* Work to be completed: Among the entries below, find the lines with the word "abbrev" and return them.

[[ Provided data, beginning ]]

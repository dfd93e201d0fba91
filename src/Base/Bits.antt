-- ===== src/Base/Bits.antt =====
-- One step of `bit_and` and `bit_or` from the lowest digit, and a single bit that was set.
use Prim.Native.Nat.{
  ℕ, zero, suc, ◌+◌, ◌-◌, ◌*◌, ◌/◌, ◌%◌, ◌^◌, ◌<◌, ◌≤◌, max, min, bit_and, bit_or, digits,
  bit_and-bitwise, bit_or-bitwise,
}
use mathlib.Core.Path.{◌≡◌, refl, sym, ap, ap₂, ◌∙◌}
use mathlib.Core.Logic.{◌≢◌}
use native.Mathlib.Nat.{mul_assoc, mul_comm}
use native.Mathlib.Omega.{arith}

module _ (z : ℕ → ℕ) (f : ℕ → ℕ → ℕ) where
  enough_fuel : (n m a b : ℕ) → a ≤ n → a ≤ m → digits z f n a b ≡ digits z f m a b
  enough_fuel zero zero zero b p q = refl
  enough_fuel zero (suc m) zero b p q = refl
  enough_fuel (suc n) zero zero b p q = refl
  enough_fuel (suc n) (suc m) zero b p q = refl
  enough_fuel zero m (suc a) b p q = absurd (omega arith)
  enough_fuel (suc n) zero (suc a) b p q = absurd (omega arith)
  enough_fuel (suc n) (suc m) (suc a) b p q =
      omega (arith, enough_fuel n m (suc a / 2) (b / 2) (omega arith) (omega arith))

  lowest :
      (a b : ℕ)
      → digits z f (suc a) (suc a) b
        ≡ digits z f (suc a / 2) (suc a / 2) (b / 2) * 2 + f (suc a % 2) (b % 2)
  lowest a b =
      omega (arith, enough_fuel a (suc a / 2) (suc a / 2) (b / 2) (omega arith) (omega arith))

pub bit_or-lowest : (a b : ℕ) → bit_or a b ≡ bit_or (a / 2) (b / 2) * 2 + max (a % 2) (b % 2)
bit_or-lowest zero b = omega (arith, bit_or-bitwise 0 b, bit_or-bitwise 0 (b / 2))
bit_or-lowest (suc a) b =
    omega
      (arith, bit_or-bitwise (suc a) b, bit_or-bitwise (suc a / 2) (b / 2), lowest (λ b. b) max a b)

pub bit_and-lowest : (a b : ℕ) → bit_and a b ≡ bit_and (a / 2) (b / 2) * 2 + min (a % 2) (b % 2)
bit_and-lowest zero b = omega (arith, bit_and-bitwise 0 b, bit_and-bitwise 0 (b / 2))
bit_and-lowest (suc a) b =
    omega (
      arith,
      bit_and-bitwise (suc a) b,
      bit_and-bitwise (suc a / 2) (b / 2),
      lowest (λ b. 0) min a b,
    )

zero_fuel : (n a : ℕ) → a ≤ n → bit_and a 0 ≡ 0
zero_fuel n zero h = bit_and-bitwise 0 0
zero_fuel zero (suc a) h = absurd (omega arith)
zero_fuel (suc n) (suc a) h =
    omega (arith, bit_and-lowest (suc a) 0, zero_fuel n (suc a / 2) (omega arith))

pub bit_and-zero : (a : ℕ) → bit_and a 0 ≡ 0
bit_and-zero a = zero_fuel a a (omega arith)

self_fuel : (n a : ℕ) → a ≤ n → bit_and a a ≡ a
self_fuel n zero h = bit_and-bitwise 0 0
self_fuel zero (suc a) h = absurd (omega arith)
self_fuel (suc n) (suc a) h =
    omega (arith, bit_and-lowest (suc a) (suc a), self_fuel n (suc a / 2) (omega arith))

bit_and_self : (a : ℕ) → bit_and a a ≡ a
bit_and_self a = self_fuel a a (omega arith)

least_fuel : (n a b : ℕ) → a ≤ n → bit_and a b ≤ a
least_fuel n zero b h = omega (arith, bit_and-bitwise 0 b)
least_fuel zero (suc a) b h = absurd (omega arith)
least_fuel (suc n) (suc a) b h =
    omega (arith, bit_and-lowest (suc a) b, least_fuel n (suc a / 2) (b / 2) (omega arith))

pub bit_and-le : (a b : ℕ) → bit_and a b ≤ a
bit_and-le a b = least_fuel a a b (omega arith)

-- `a & (a - 1)`, for an odd number and for an even one.
pub bit_and-odd : (a : ℕ) → a % 2 ≡ 1 → bit_and a (a - 1) ≡ a - 1
bit_and-odd a h =
    let same : (a - 1) / 2 ≡ a / 2 = omega arith in
    omega (arith, bit_and-lowest a (a - 1), ap (bit_and (a / 2)) same, bit_and_self (a / 2))

pub bit_and-even : (a : ℕ) → a % 2 ≡ 0 → a ≢ 0 → bit_and a (a - 1) ≡ 2 * bit_and (a / 2) (a / 2 - 1)
bit_and-even a h nz =
    let less : (a - 1) / 2 ≡ a / 2 - 1 = omega arith in
    omega (arith, bit_and-lowest a (a - 1), ap (bit_and (a / 2)) less)

or_zero_fuel : (n a : ℕ) → a ≤ n → bit_or a 0 ≡ a
or_zero_fuel n zero h = bit_or-bitwise 0 0
or_zero_fuel zero (suc a) h = absurd (omega arith)
or_zero_fuel (suc n) (suc a) h =
    omega (arith, bit_or-lowest (suc a) 0, or_zero_fuel n (suc a / 2) (omega arith))

pub bit_or-zero : (a : ℕ) → bit_or a 0 ≡ a
bit_or-zero a = or_zero_fuel a a (omega arith)

-- `1 << k`.
abbrev pub bit : ℕ → ℕ
bit zero = 1
bit (suc k) = 2 * bit k

or_double : (a b : ℕ) → bit_or a (2 * b) ≡ bit_or (a / 2) b * 2 + a % 2
or_double a b =
    let half : 2 * b / 2 ≡ b = omega arith in
    omega (arith, bit_or-lowest a (2 * b), ap (bit_or (a / 2)) half)

and_double : (a b : ℕ) → bit_and a (2 * b) ≡ bit_and (a / 2) b * 2
and_double a b =
    let half : 2 * b / 2 ≡ b = omega arith in
    omega (arith, bit_and-lowest a (2 * b), ap (bit_and (a / 2)) half)

-- `(a | b) & b` for a single bit `b`.
pub bit_or-bit_and_ne : (k a : ℕ) → bit_and (bit_or a (bit k)) (bit k) ≢ 0
bit_or-bit_and_ne zero a h = omega (arith, bit_and-lowest (bit_or a 1) 1, bit_or-lowest a 1)
bit_or-bit_and_ne (suc k) a h =
    let rest : bit_or a (2 * bit k) / 2 ≡ bit_or (a / 2) (bit k) =
      omega (arith, or_double a (bit k)) in
    bit_or-bit_and_ne k (a / 2)
      (omega (arith, and_double (bit_or a (2 * bit k)) (bit k), ap (λ x. bit_and x (bit k)) rest))

-- Bit `k`, and what stands above it.
abbrev pub half : ℕ → ℕ → ℕ
half zero m = m
half (suc k) m = half k (m / 2)

-- `(a & m) & b` for a single bit `b` that the mask `m` clears.
pub bit_and-bit_and-zero : (k a m : ℕ) → half k m % 2 ≡ 0 → bit_and (bit_and a m) (bit k) ≡ 0
bit_and-bit_and-zero zero a m h =
    omega
      (arith, bit_and-lowest (bit_and a m) 1, bit_and-lowest a m, bit_and-zero (bit_and a m / 2))
bit_and-bit_and-zero (suc k) a m h =
    let rest : bit_and a m / 2 ≡ bit_and (a / 2) (m / 2) = omega (arith, bit_and-lowest a m) in
    omega (
      arith,
      and_double (bit_and a m) (bit k),
      ap (λ x. bit_and x (bit k)) rest,
      bit_and-bit_and-zero k (a / 2) (m / 2) h,
    )

-- `n << k`.
abbrev shift : ℕ → ℕ → ℕ
shift zero n = n
shift (suc k) n = 2 * shift k n

shift_lem : (k n : ℕ) → shift k n ≡ n * 2 ^ k
shift_lem zero n = grind arith
shift_lem (suc k) n =
    let two : n * 2 ^ suc k ≡ n * (2 * 2 ^ k) = ap (λ x. n * x) (omega arith) in
    omega (
      arith,
      shift_lem k n,
      two,
      mul_assoc n 2 (2 ^ k),
      mul_comm n 2,
      mul_assoc 2 n (2 ^ k),
      ap (λ x. x * 2 ^ k) (mul_comm n 2),
    )

and_low : (k n a : ℕ) → a < 2 ^ k → bit_and (shift k n + a) (2 ^ k - 1) ≡ a
and_low zero n a lt = omega (arith, bit_and-zero (n + a))
and_low (suc k) n a lt =
    let h : (2 * shift k n + a) / 2 ≡ shift k n + a / 2 = omega arith in
    let m : (2 ^ suc k - 1) / 2 ≡ 2 ^ k - 1 = omega arith in
    omega (
      arith,
      bit_and-lowest (2 * shift k n + a) (2 ^ suc k - 1),
      ap₂ bit_and h m,
      and_low k n (a / 2) (omega arith),
    )

or_low : (k n a : ℕ) → a < 2 ^ k → bit_or (shift k n + a) (2 ^ k - 1) ≡ shift k n + (2 ^ k - 1)
or_low zero n a lt = omega (arith, bit_or-zero (n + a))
or_low (suc k) n a lt =
    let h : (2 * shift k n + a) / 2 ≡ shift k n + a / 2 = omega arith in
    let m : (2 ^ suc k - 1) / 2 ≡ 2 ^ k - 1 = omega arith in
    omega (
      arith,
      bit_or-lowest (2 * shift k n + a) (2 ^ suc k - 1),
      ap₂ bit_or h m,
      or_low k n (a / 2) (omega arith),
    )

-- A word and a mask of its lowest `k` bits.
pub bit_and-mask : (k n a : ℕ) → a < 2 ^ k → bit_and (n * 2 ^ k + a) (2 ^ k - 1) ≡ a
bit_and-mask k n a lt =
    ap (λ x. bit_and (x + a) (2 ^ k - 1)) (sym (shift_lem k n)) ∙ and_low k n a lt

pub bit_or-mask :
    (k n a : ℕ) → a < 2 ^ k → bit_or (n * 2 ^ k + a) (2 ^ k - 1) ≡ n * 2 ^ k + (2 ^ k - 1)
bit_or-mask k n a lt =
    ap (λ x. bit_or (x + a) (2 ^ k - 1)) (sym (shift_lem k n))
    ∙ (or_low k n a lt ∙ ap (λ x. x + (2 ^ k - 1)) (shift_lem k n))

[[ Provided data, end ]]

* Exercise answer:
abbrev pub bit : ℕ → ℕ
abbrev pub half : ℕ → ℕ → ℕ
abbrev shift : ℕ → ℕ → ℕ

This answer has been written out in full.